An exact reprint of the data below is required, line for line.

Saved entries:
- - -

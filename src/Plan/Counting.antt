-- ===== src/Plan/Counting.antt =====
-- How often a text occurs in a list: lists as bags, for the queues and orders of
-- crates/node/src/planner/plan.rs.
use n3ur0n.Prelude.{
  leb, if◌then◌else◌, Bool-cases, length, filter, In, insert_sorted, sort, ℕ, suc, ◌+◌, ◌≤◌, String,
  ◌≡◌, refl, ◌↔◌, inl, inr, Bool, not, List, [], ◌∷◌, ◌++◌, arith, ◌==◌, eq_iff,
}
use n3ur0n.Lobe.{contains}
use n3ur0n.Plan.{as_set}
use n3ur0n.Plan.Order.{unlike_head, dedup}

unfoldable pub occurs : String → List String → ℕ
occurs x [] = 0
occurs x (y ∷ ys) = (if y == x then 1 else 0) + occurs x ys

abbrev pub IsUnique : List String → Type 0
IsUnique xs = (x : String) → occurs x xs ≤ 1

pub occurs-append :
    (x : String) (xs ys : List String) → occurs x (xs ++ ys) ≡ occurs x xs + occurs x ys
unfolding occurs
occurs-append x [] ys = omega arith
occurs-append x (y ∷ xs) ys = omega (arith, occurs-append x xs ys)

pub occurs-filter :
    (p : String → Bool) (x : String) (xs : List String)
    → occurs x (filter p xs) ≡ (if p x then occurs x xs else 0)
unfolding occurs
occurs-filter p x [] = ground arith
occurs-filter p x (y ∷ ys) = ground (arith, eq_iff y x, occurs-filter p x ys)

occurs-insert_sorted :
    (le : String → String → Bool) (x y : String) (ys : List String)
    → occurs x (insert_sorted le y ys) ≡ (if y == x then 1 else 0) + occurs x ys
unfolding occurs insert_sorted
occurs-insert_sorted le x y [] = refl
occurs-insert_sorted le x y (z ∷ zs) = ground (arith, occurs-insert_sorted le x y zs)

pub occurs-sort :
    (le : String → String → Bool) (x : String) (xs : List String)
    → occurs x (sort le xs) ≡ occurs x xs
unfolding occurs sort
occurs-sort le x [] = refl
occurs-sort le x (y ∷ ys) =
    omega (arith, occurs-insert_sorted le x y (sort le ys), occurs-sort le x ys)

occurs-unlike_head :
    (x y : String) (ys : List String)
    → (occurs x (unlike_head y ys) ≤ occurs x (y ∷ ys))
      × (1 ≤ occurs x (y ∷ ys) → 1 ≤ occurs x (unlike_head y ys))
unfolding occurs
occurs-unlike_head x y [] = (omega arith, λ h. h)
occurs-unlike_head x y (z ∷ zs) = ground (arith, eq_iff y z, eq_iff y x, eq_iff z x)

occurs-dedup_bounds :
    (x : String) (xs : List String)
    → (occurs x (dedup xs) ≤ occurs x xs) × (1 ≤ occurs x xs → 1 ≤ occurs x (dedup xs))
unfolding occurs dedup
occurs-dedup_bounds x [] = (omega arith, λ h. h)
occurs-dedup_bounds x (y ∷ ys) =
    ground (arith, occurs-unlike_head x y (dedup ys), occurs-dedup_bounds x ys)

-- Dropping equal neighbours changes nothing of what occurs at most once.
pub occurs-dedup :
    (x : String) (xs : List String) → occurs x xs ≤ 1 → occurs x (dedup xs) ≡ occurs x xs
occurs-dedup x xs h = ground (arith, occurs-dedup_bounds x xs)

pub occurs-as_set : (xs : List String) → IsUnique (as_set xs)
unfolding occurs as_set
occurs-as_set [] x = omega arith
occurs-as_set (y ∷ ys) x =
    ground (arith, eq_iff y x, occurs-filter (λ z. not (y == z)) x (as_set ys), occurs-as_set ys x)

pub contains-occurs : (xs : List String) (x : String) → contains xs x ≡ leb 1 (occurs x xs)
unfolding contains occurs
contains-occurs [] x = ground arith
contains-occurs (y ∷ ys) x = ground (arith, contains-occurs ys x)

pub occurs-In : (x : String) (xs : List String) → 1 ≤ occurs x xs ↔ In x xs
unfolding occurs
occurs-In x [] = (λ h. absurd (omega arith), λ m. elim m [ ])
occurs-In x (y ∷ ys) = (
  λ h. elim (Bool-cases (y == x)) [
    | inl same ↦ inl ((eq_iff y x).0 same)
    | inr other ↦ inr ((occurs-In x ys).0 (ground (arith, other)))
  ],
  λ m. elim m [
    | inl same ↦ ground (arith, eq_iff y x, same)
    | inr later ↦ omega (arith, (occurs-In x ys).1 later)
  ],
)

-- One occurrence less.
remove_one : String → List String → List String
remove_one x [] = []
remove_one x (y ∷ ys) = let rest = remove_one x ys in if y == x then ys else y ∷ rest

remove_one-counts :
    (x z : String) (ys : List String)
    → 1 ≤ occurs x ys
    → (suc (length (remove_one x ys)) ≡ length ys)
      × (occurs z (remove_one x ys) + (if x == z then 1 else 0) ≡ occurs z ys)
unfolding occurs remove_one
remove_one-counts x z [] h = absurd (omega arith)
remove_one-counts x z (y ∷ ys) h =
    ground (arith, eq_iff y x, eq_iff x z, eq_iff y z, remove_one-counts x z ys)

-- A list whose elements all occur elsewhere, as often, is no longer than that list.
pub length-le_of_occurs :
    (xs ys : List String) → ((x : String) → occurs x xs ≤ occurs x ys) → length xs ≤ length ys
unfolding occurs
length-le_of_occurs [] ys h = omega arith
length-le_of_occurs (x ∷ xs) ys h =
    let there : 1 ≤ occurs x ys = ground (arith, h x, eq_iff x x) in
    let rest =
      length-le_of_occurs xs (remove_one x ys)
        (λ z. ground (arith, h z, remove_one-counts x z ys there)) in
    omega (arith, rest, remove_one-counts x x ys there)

- - -

--- Result for this task ---
filename src/Plan/Counting.antt
-- ===== src/Plan/Counting.antt =====
-- How often a text occurs in a list: lists as bags, for the queues and orders of
-- crates/node/src/planner/plan.rs.
use n3ur0n.Prelude.{
  leb, if◌then◌else◌, Bool-cases, length, filter, In, insert_sorted, sort, ℕ, suc, ◌+◌, ◌≤◌, String,
  ◌≡◌, refl, ◌↔◌, inl, inr, Bool, not, List, [], ◌∷◌, ◌++◌, arith, ◌==◌, eq_iff,
}
use n3ur0n.Lobe.{contains}
use n3ur0n.Plan.{as_set}
use n3ur0n.Plan.Order.{unlike_head, dedup}

unfoldable pub occurs : String → List String → ℕ
occurs x [] = 0
occurs x (y ∷ ys) = (if y == x then 1 else 0) + occurs x ys

abbrev pub IsUnique : List String → Type 0
IsUnique xs = (x : String) → occurs x xs ≤ 1

pub occurs-append :
    (x : String) (xs ys : List String) → occurs x (xs ++ ys) ≡ occurs x xs + occurs x ys
unfolding occurs
occurs-append x [] ys = omega arith
occurs-append x (y ∷ xs) ys = omega (arith, occurs-append x xs ys)

pub occurs-filter :
    (p : String → Bool) (x : String) (xs : List String)
    → occurs x (filter p xs) ≡ (if p x then occurs x xs else 0)
unfolding occurs
occurs-filter p x [] = ground arith
occurs-filter p x (y ∷ ys) = ground (arith, eq_iff y x, occurs-filter p x ys)

occurs-insert_sorted :
    (le : String → String → Bool) (x y : String) (ys : List String)
    → occurs x (insert_sorted le y ys) ≡ (if y == x then 1 else 0) + occurs x ys
unfolding occurs insert_sorted
occurs-insert_sorted le x y [] = refl
occurs-insert_sorted le x y (z ∷ zs) = ground (arith, occurs-insert_sorted le x y zs)

pub occurs-sort :
    (le : String → String → Bool) (x : String) (xs : List String)
    → occurs x (sort le xs) ≡ occurs x xs
unfolding occurs sort
occurs-sort le x [] = refl
occurs-sort le x (y ∷ ys) =
    omega (arith, occurs-insert_sorted le x y (sort le ys), occurs-sort le x ys)

occurs-unlike_head :
    (x y : String) (ys : List String)
    → (occurs x (unlike_head y ys) ≤ occurs x (y ∷ ys))
      × (1 ≤ occurs x (y ∷ ys) → 1 ≤ occurs x (unlike_head y ys))
unfolding occurs
occurs-unlike_head x y [] = (omega arith, λ h. h)
occurs-unlike_head x y (z ∷ zs) = ground (arith, eq_iff y z, eq_iff y x, eq_iff z x)

occurs-dedup_bounds :
    (x : String) (xs : List String)
    → (occurs x (dedup xs) ≤ occurs x xs) × (1 ≤ occurs x xs → 1 ≤ occurs x (dedup xs))
unfolding occurs dedup
occurs-dedup_bounds x [] = (omega arith, λ h. h)
occurs-dedup_bounds x (y ∷ ys) =
    ground (arith, occurs-unlike_head x y (dedup ys), occurs-dedup_bounds x ys)

-- Dropping equal neighbours changes nothing of what occurs at most once.
pub occurs-dedup :
    (x : String) (xs : List String) → occurs x xs ≤ 1 → occurs x (dedup xs) ≡ occurs x xs
occurs-dedup x xs h = ground (arith, occurs-dedup_bounds x xs)

pub occurs-as_set : (xs : List String) → IsUnique (as_set xs)
unfolding occurs as_set
occurs-as_set [] x = omega arith
occurs-as_set (y ∷ ys) x =
    ground (arith, eq_iff y x, occurs-filter (λ z. not (y == z)) x (as_set ys), occurs-as_set ys x)

pub contains-occurs : (xs : List String) (x : String) → contains xs x ≡ leb 1 (occurs x xs)
unfolding contains occurs
contains-occurs [] x = ground arith
contains-occurs (y ∷ ys) x = ground (arith, contains-occurs ys x)

pub occurs-In : (x : String) (xs : List String) → 1 ≤ occurs x xs ↔ In x xs
unfolding occurs
occurs-In x [] = (λ h. absurd (omega arith), λ m. elim m [ ])
occurs-In x (y ∷ ys) = (
  λ h. elim (Bool-cases (y == x)) [
    | inl same ↦ inl ((eq_iff y x).0 same)
    | inr other ↦ inr ((occurs-In x ys).0 (ground (arith, other)))
  ],
  λ m. elim m [
    | inl same ↦ ground (arith, eq_iff y x, same)
    | inr later ↦ omega (arith, (occurs-In x ys).1 later)
  ],
)

-- One occurrence less.
remove_one : String → List String → List String
remove_one x [] = []
remove_one x (y ∷ ys) = let rest = remove_one x ys in if y == x then ys else y ∷ rest

remove_one-counts :
    (x z : String) (ys : List String)
    → 1 ≤ occurs x ys
    → (suc (length (remove_one x ys)) ≡ length ys)
      × (occurs z (remove_one x ys) + (if x == z then 1 else 0) ≡ occurs z ys)
unfolding occurs remove_one
remove_one-counts x z [] h = absurd (omega arith)
remove_one-counts x z (y ∷ ys) h =
    ground (arith, eq_iff y x, eq_iff x z, eq_iff y z, remove_one-counts x z ys)

-- A list whose elements all occur elsewhere, as often, is no longer than that list.
pub length-le_of_occurs :
    (xs ys : List String) → ((x : String) → occurs x xs ≤ occurs x ys) → length xs ≤ length ys
unfolding occurs
length-le_of_occurs [] ys h = omega arith
length-le_of_occurs (x ∷ xs) ys h =
    let there : 1 ≤ occurs x ys = ground (arith, h x, eq_iff x x) in
    let rest =
      length-le_of_occurs xs (remove_one x ys)
        (λ z. ground (arith, h z, remove_one-counts x z ys there)) in
    omega (arith, rest, remove_one-counts x x ys there)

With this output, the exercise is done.